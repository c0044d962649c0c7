-- ===== src/Queue/Fifo.antt =====
-- The ring of src/queue.c seen as the list of the messages in it, oldest first.
use vecu_uds.Base.{
  length-set, inr, inl, ==_iff, true, ◌≢◌, Bool-cases, false, get_or-set_ne, get_or-set_self, ap,
  ◌∙◌, ap₂, refl, zero, set, ◌-◌, ◌%◌, ltb, ◌∷◌, ◌||◌, ◌+◌, arith, ◌≤◌, ◌++◌, ◌==◌, get_or,
  if◌then◌else◌, ◌≡◌, suc, ◌<◌, [], length, Bool, List, ℕ,
}
use vecu_uds.Queue.{
  queue_init, pop_blocking, push, pushed, push_waits, push_refused, popped, pop_waits, pop_refused,
  queue_cap, Pushed, Popped, UdsQueue,
}
use vecu_uds.Types.{max_msg_len}

pub contents_from : List (List ℕ) → ℕ → ℕ → List (List ℕ)
contents_from slots i zero = []
contents_from slots i (suc n) = get_or slots i [] ∷ contents_from slots ((i + 1) % queue_cap) n

abbrev pub contents : UdsQueue → List (List ℕ)
contents q = contents_from q.slots q.head q.count

pub record IsValid (q : UdsQueue) : Type 0 where
  pub full_array : length q.slots ≡ queue_cap
  pub head_inside : q.head < queue_cap
  pub count_capped : q.count ≤ queue_cap
  pub tail_after : q.tail ≡ (q.head + q.count) % queue_cap

-- What a bounded queue that can be closed promises, over the list of its messages.
abbrev pub push_list : List ℕ → Bool → List (List ℕ) → Pushed × List (List ℕ)
push_list bytes closed ms =
    if length bytes == 0 || ltb max_msg_len (length bytes) || closed
    then (push_refused, ms)
    else if length ms == queue_cap
    then (push_waits, ms)
    else (pushed, ms ++ bytes ∷ [])

abbrev pub pop_list : Bool → List (List ℕ) → Popped × List (List ℕ)
pop_list closed [] = (if closed then pop_refused else pop_waits, [])
pop_list closed (m ∷ ms) = (popped m, ms)

length-contents : (slots : List (List ℕ)) (i n : ℕ) → length (contents_from slots i n) ≡ n
unfolding contents_from
length-contents slots i zero = refl
length-contents slots i (suc n) = omega (arith, length-contents slots ((i + 1) % queue_cap) n)

-- A slot outside the range may change.
contents-set :
    (slots : List (List ℕ)) (i n j : ℕ) (m : List ℕ)
    → i < queue_cap
    → j < queue_cap
    → n ≤ (j + queue_cap - i) % queue_cap
    → contents_from (set slots j m) i n ≡ contents_from slots i n
unfolding contents_from
contents-set slots i zero j m hi hj h = refl
contents-set slots i (suc n) j m hi hj h =
    ap₂ (λ x xs. x ∷ xs) (get_or-set_ne slots m [] (omega arith))
      (contents-set slots ((i + 1) % queue_cap) n j m (omega arith) (omega arith) (omega arith))

-- One message more is the one behind the last.
contents-next :
    (slots : List (List ℕ)) (i n k : ℕ)
    → i < queue_cap
    → k ≡ (i + n) % queue_cap
    → contents_from slots i (suc n) ≡ contents_from slots i n ++ get_or slots k [] ∷ []
unfolding contents_from
contents-next slots i zero k h e =
    let same : i ≡ k = omega arith in ap (λ t. get_or slots t [] ∷ []) same
contents-next slots i (suc n) k h e =
    ap (λ xs. get_or slots i [] ∷ xs)
      (contents-next slots ((i + 1) % queue_cap) n k (omega arith) (omega arith))

pub queue_init-IsValid : IsValid queue_init
unfolding queue_init
queue_init-IsValid = omega arith

pub queue_init-contents : contents queue_init ≡ []
unfolding queue_init contents_from
queue_init-contents = refl

pushed-contents :
    (bytes : List ℕ) (q : UdsQueue)
    → IsValid q
    → q.count < queue_cap
    → contents_from (set q.slots q.tail bytes) q.head (q.count + 1) ≡ contents q ++ bytes ∷ []
pushed-contents bytes q v room =
    ap (λ n. contents_from (set q.slots q.tail bytes) q.head n)
      (let more : q.count + 1 ≡ suc q.count = omega arith in more)
    ∙ contents-next (set q.slots q.tail bytes) q.head q.count q.tail v.head_inside v.tail_after
    ∙ ap₂ (λ xs x. xs ++ x ∷ [])
        (contents-set q.slots q.head q.count q.tail bytes v.head_inside (omega (arith, v))
          (omega (arith, v)))
        (get_or-set_self q.slots q.tail bytes [] (omega (arith, v)))

-- The new queue is valid, as closed as before, and behaves like the list.
pub record Refines {R : Type 0} (closed : Bool) (out : R × UdsQueue) (spec : R × List (List ℕ))
    : Type 0 where
  pub valid : IsValid out.1
  pub result : out.0 ≡ spec.0
  pub messages : contents out.1 ≡ spec.1
  pub same_closed : out.1.closed ≡ closed

stays :
    {R : Type 0} (r : R) (closed : Bool) (q : UdsQueue)
    → IsValid q
    → q.closed ≡ closed
    → Refines closed (r, q) (r, contents q)
stays r closed q v e = record { valid = v; result = refl; messages = refl; same_closed = e }

contents-none : (slots : List (List ℕ)) (i n : ℕ) → n ≡ 0 → contents_from slots i n ≡ []
unfolding contents_from
contents-none slots i zero e = refl
contents-none slots i (suc n) e = absurd (omega arith)

contents-first :
    (slots : List (List ℕ)) (i n : ℕ)
    → n ≢ 0
    → contents_from slots i n
      ≡ get_or slots i [] ∷ contents_from slots ((i + 1) % queue_cap) (n - 1)
unfolding contents_from
contents-first slots i zero h = absurd (h refl)
contents-first slots i (suc n) h =
    let same : n ≡ suc n - 1 = omega arith in
    ap (λ t. get_or slots i [] ∷ contents_from slots ((i + 1) % queue_cap) t) same

no_message :
    (q : UdsQueue)
    → IsValid q
    → (q.count == 0) ≡ true
    → (r : Popped) (closed : Bool) → q.closed ≡ closed
    → Refines closed (r, q) (r, [])
no_message q v empty r closed e = record {
  valid = v;
  result = refl;
  messages = contents-none q.slots q.head q.count ((==_iff _ _).0 empty);
  same_closed = e;
}

one_less :
    (q : UdsQueue)
    → IsValid q
    → (q.count == 0) ≡ false
    → (closed : Bool)
    → let ms = contents_from q.slots ((q.head + 1) % queue_cap) (q.count - 1) in
      let q' = record q { head = (q.head + 1) % queue_cap; count = q.count - 1; closed = closed } in
      let m = get_or q.slots q.head [] in Refines closed (popped m, q') (popped m, ms)
one_less q v some_left closed = record {
  valid = record {
    full_array = v.full_array;
    head_inside = omega arith;
    count_capped = omega (arith, v.count_capped);
    tail_after = ground (arith, v);
  };
  result = refl;
  messages = refl;
  same_closed = refl;
}

-- uds_queue_push does to the messages in the ring what a bounded queue promises: it appends the
-- message, waits when eight are there, or refuses when the queue is closed or the length is 0 or
-- above 4095; it keeps the invariant.
pub push-Refines :
    (bytes : List ℕ) (q : UdsQueue)
    → IsValid q
    → Refines q.closed (push bytes q) (push_list bytes q.closed (contents q))
unfolding push
push-Refines bytes q v = elim (Bool-cases (length bytes == 0)) [
  | inl empty ↦ simp empty (stays push_refused q.closed q v refl)
  | inr some_bytes ↦ elim (Bool-cases (ltb max_msg_len (length bytes))) [
    | inl long ↦ simp (some_bytes, long) (stays push_refused q.closed q v refl)
    | inr fits ↦ elim (Bool-cases q.closed) [
      | inl shut ↦ simp (some_bytes, fits, shut) (stays push_refused true q v shut)
      | inr open_still ↦ elim (Bool-cases (q.count == queue_cap)) [
        | inl full ↦
            simp (some_bytes, fits, open_still, length-contents q.slots q.head q.count, full)
              (stays push_waits false q v open_still)
        | inr room ↦
            simp (some_bytes, fits, open_still, length-contents q.slots q.head q.count, room)
              (record {
                valid = record {
                  full_array = length-set q.slots q.tail bytes ∙ v.full_array;
                  head_inside = v.head_inside;
                  count_capped = ground (arith, v.count_capped);
                  tail_after = omega (arith, v.tail_after);
                };
                result = refl;
                messages = pushed-contents bytes q v (ground (arith, v.count_capped));
                same_closed = refl;
              })
      ]
    ]
  ]
]

-- uds_queue_pop_blocking gives the oldest message and takes it out, also of a closed queue; of an
-- empty queue it waits, or refuses when the queue is closed; it keeps the invariant.
pub pop_blocking-Refines :
    (q : UdsQueue) → IsValid q → Refines q.closed (pop_blocking q) (pop_list q.closed (contents q))
unfolding pop_blocking
pop_blocking-Refines q v = elim (Bool-cases (q.count == 0)) [
  | inl empty ↦
      simp (contents-none q.slots q.head q.count ((==_iff _ _).0 empty), empty)
        (elim (Bool-cases q.closed) [
          | inl shut ↦ simp shut (no_message q v empty pop_refused true shut)
          | inr open_still ↦ simp open_still (no_message q v empty pop_waits false open_still)
        ])
  | inr some_left ↦
      simp (contents-first q.slots q.head q.count (ground arith), some_left)
        (elim (Bool-cases q.closed) [
          | inl shut ↦ simp shut (one_less q v some_left true)
          | inr open_still ↦ simp open_still (one_less q v some_left false)
        ])
]
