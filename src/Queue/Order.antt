-- ===== src/Queue/Order.antt =====
-- Sequences of calls of src/queue.c.
use vecu_uds.Base.{
  ap, append_assoc, refl, ◌∙◌, false, sym, true, arith, append-nil, [], ◌∷◌, ◌≡◌, ◌++◌, List, Bool,
  ℕ,
}
use vecu_uds.Queue.{
  push_waits, push_refused, pop_waits, pop_refused, pop_blocking, pushed, push, Pushed, popped,
  Popped, UdsQueue, shutdown,
}
use vecu_uds.Queue.Fifo.{pop_blocking-Refines, push_list, push-Refines, pop_list, contents, IsValid}

-- A call of the queue, and what a sequence of calls took in and gave out.
pub data Call : Type 0 where
  push_call : List ℕ → Call
  pop_call shutdown_call : Call

pub after : Call → UdsQueue → UdsQueue
after (push_call bytes) q = (push bytes q).1
after pop_call q = (pop_blocking q).1
after shutdown_call q = shutdown q

pub run : List Call → UdsQueue → UdsQueue
run [] q = q
run (c ∷ cs) q = run cs (after c q)

abbrev if_pushed : List ℕ → Pushed → List (List ℕ)
if_pushed bytes pushed = bytes ∷ []
if_pushed bytes push_refused = []
if_pushed bytes push_waits = []

abbrev if_popped : Popped → List (List ℕ)
if_popped (popped m) = m ∷ []
if_popped pop_refused = []
if_popped pop_waits = []

abbrev pub taken_in_by : Call → UdsQueue → List (List ℕ)
taken_in_by (push_call bytes) q = if_pushed bytes (push bytes q).0
taken_in_by pop_call q = []
taken_in_by shutdown_call q = []

abbrev pub given_out_by : Call → UdsQueue → List (List ℕ)
given_out_by (push_call bytes) q = []
given_out_by pop_call q = if_popped (pop_blocking q).0
given_out_by shutdown_call q = []

pub taken_in : List Call → UdsQueue → List (List ℕ)
taken_in [] q = []
taken_in (c ∷ cs) q = taken_in_by c q ++ taken_in cs (after c q)

pub given_out : List Call → UdsQueue → List (List ℕ)
given_out [] q = []
given_out (c ∷ cs) q = given_out_by c q ++ given_out cs (after c q)

after-IsValid : (c : Call) (q : UdsQueue) → IsValid q → IsValid (after c q)
unfolding after shutdown
after-IsValid (push_call bytes) q v = (push-Refines bytes q v).valid
after-IsValid pop_call q v = (pop_blocking-Refines q v).valid
after-IsValid shutdown_call q v = ground (arith, v)

if_pushed-push_list :
    (bytes : List ℕ) (closed : Bool) (ms : List (List ℕ))
    → ms ++ if_pushed bytes (push_list bytes closed ms).0 ≡ (push_list bytes closed ms).1
if_pushed-push_list bytes closed ms = ground (arith, append-nil ms)

if_popped-pop_list :
    (closed : Bool) (ms : List (List ℕ))
    → ms ≡ if_popped (pop_list closed ms).0 ++ (pop_list closed ms).1
if_popped-pop_list true [] = refl
if_popped-pop_list false [] = refl
if_popped-pop_list closed (m ∷ ms) = refl

after-contents :
    (c : Call) (q : UdsQueue)
    → IsValid q
    → contents q ++ taken_in_by c q ≡ given_out_by c q ++ contents (after c q)
unfolding after shutdown
after-contents (push_call bytes) q v =
    let r = push-Refines bytes q v in
    rw (r.result, r.messages) (if_pushed-push_list bytes q.closed (contents q))
after-contents pop_call q v =
    let r = pop_blocking-Refines q v in
    append-nil (contents q) ∙ rw (r.result, r.messages) (if_popped-pop_list q.closed (contents q))
after-contents shutdown_call q v = append-nil (contents q)

-- First in, first out: over any sequence of pushes, pops and shutdowns of a valid queue, the
-- messages that were in it followed by those that it took in are, in this order, those that it gave
-- out followed by those that are left.
pub run-contents :
    (cs : List Call) (q : UdsQueue)
    → IsValid q
    → contents q ++ taken_in cs q ≡ given_out cs q ++ contents (run cs q)
unfolding taken_in given_out run
run-contents [] q v = append-nil (contents q)
run-contents (c ∷ cs) q v =
    sym (append_assoc (contents q) (taken_in_by c q) (taken_in cs (after c q)))
    ∙ ap (λ xs. xs ++ taken_in cs (after c q)) (after-contents c q v)
    ∙ append_assoc (given_out_by c q) (contents (after c q)) (taken_in cs (after c q))
    ∙ ap (λ xs. given_out_by c q ++ xs) (run-contents cs (after c q) (after-IsValid c q v))
    ∙ sym
        (append_assoc (given_out_by c q) (given_out cs (after c q)) (contents (run cs (after c q))))
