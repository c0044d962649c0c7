-- ===== src/Queue/Calls.antt =====
-- Sequences of calls of src/queue.c against a bounded list that can be closed.
use vecu_uds.Base.{◌∙◌, refl, true, ◌≡◌, ap₂, [], ap, false, ℕ, Bool, List, arith}
use vecu_uds.Base.Machine.{replay, Simulates, replay-Simulates}
use vecu_uds.Queue.Order.{push_call, pop_call, shutdown_call, Call}
use vecu_uds.Queue.{pop_blocking, queue_init, push, Popped, Pushed, shutdown, UdsQueue}
use vecu_uds.Queue.Fifo.{
  queue_init-contents, queue_init-IsValid, pop_blocking-Refines, pop_list, push-Refines, contents,
  push_list, IsValid,
}

pub data Answer : Type 0 where
  taken : Pushed → Answer
  given : Popped → Answer
  shut_down : Answer

unfoldable pub call : Call → UdsQueue → Answer × UdsQueue
call (push_call bytes) q = let (r, after) = push bytes q in (taken r, after)
call pop_call q = let (r, after) = pop_blocking q in (given r, after)
call shutdown_call q = (shut_down, shutdown q)

-- The same on the messages, with whether the queue is closed.
unfoldable pub list_call : Call → Bool × List (List ℕ) → Answer × (Bool × List (List ℕ))
list_call (push_call bytes) (closed, ms) =
    let (r, after) = push_list bytes closed ms in (taken r, (closed, after))
list_call pop_call (closed, ms) = let (r, after) = pop_list closed ms in (given r, (closed, after))
list_call shutdown_call (closed, ms) = (shut_down, (true, ms))

abbrev pub view : UdsQueue → Bool × List (List ℕ)
view q = (q.closed, contents q)

call-Simulates :
    (c : Call) (q : UdsQueue) → IsValid q → Simulates IsValid view (call c q) (list_call c (view q))
unfolding call list_call shutdown
call-Simulates (push_call bytes) q v =
    let r = push-Refines bytes q v in
    record {
      valid = r.valid;
      answer = ap taken r.result;
      state = ap₂ (λ closed ms. (closed, ms)) r.same_closed r.messages;
    }
call-Simulates pop_call q v =
    let r = pop_blocking-Refines q v in
    record {
      valid = r.valid;
      answer = ap given r.result;
      state = ap₂ (λ closed ms. (closed, ms)) r.same_closed r.messages;
    }
call-Simulates shutdown_call q v = record { valid = ground (arith, v); answer = refl; state = refl }

-- Any sequence of uds_queue_push, uds_queue_pop_blocking and uds_queue_shutdown on a new queue is
-- answered as on a list of at most eight messages: a push appends, waits when eight are there, and
-- is refused when the queue is closed or the length is 0 or above 4095; a pop takes the oldest, also
-- of a closed queue, and of an empty one it waits or, when it is closed, is refused. The messages in
-- the ring are those of the list at the end.
pub queue_calls-list :
    (cs : List Call)
    → let (answers, q) = replay call cs queue_init in
      let (list_answers, rest) = replay list_call cs (false, []) in
      (answers ≡ list_answers) × (q.closed ≡ rest.0) × (contents q ≡ rest.1)
unfolding queue_init
queue_calls-list cs =
    let r =
      replay-Simulates IsValid view call list_call call-Simulates cs queue_init
        queue_init-IsValid in
    let same = ap (λ ms. replay list_call cs (false, ms)) queue_init-contents in
    (
      r.answer ∙ ap (λ out. out.0) same,
      ap (λ s. s.0) r.state ∙ ap (λ out. out.1.0) same,
      ap (λ s. s.1) r.state ∙ ap (λ out. out.1.1) same,
    )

####

- **Problem to solve**
Please give an exact copy of the entries above, from the line with "pub data Answer : Type 0 where" down to the line with "(answers ≡ list_answers)", inclusive, and nothing else.

- **Answer to the problem**
pub data Answer : Type 0 where
  taken : Pushed → Answer
  given : Popped → Answer
  shut_down : Answer

unfoldable pub call : Call → UdsQueue → Answer × UdsQueue
call (push_call bytes) q = let (r, after) = push bytes q in (taken r, after)
call pop_call q = let (r, after) = pop_blocking q in (given r, after)
call shutdown_call q = (shut_down, shutdown q)

-- The same on the messages, with whether the queue is closed.
unfoldable pub list_call : Call → Bool × List (List ℕ) → Answer × (Bool × List (List ℕ))
list_call (push_call bytes) (closed, ms) =
    let (r, after) = push_list bytes closed ms in (taken r, (closed, after))
list_call pop_call (closed, ms) = let (r, after) = pop_list closed ms in (given r, (closed, after))
list_call shutdown_call (closed, ms) = (shut_down, (true, ms))

abbrev pub view : UdsQueue → Bool × List (List ℕ)
view q = (q.closed, contents q)

call-Simulates :
    (c : Call) (q : UdsQueue) → IsValid q → Simulates IsValid view (call c q) (list_call c (view q))
unfolding call list_call shutdown
call-Simulates (push_call bytes) q v =
    let r = push-Refines bytes q v in
    record {
      valid = r.valid;
      answer = ap taken r.result;
      state = ap₂ (λ closed ms. (closed, ms)) r.same_closed r.messages;
    }
call-Simulates pop_call q v =
    let r = pop_blocking-Refines q v in
    record {
      valid = r.valid;
      answer = ap given r.result;
      state = ap₂ (λ closed ms. (closed, ms)) r.same_closed r.messages;
    }
call-Simulates shutdown_call q v = record { valid = ground (arith, v); answer = refl; state = refl }

-- Any sequence of uds_queue_push, uds_queue_pop_blocking and uds_queue_shutdown on a new queue is
-- answered as on a list of at most eight messages: a push appends, waits when eight are there, and
-- is refused when the queue is closed or the length is 0 or above 4095; a pop takes the oldest, also
-- of a closed queue, and of an empty one it waits or, when it is closed, is refused. The messages in
-- the ring are those of the list at the end.
pub queue_calls-list :
    (cs : List Call)
    → let (answers, q) = replay call cs queue_init in
      let (list_answers, rest) = replay list_call cs (false, []) in
      (answers ≡ list_answers) × (q.closed ≡ rest.0) × (contents q ≡ rest.1)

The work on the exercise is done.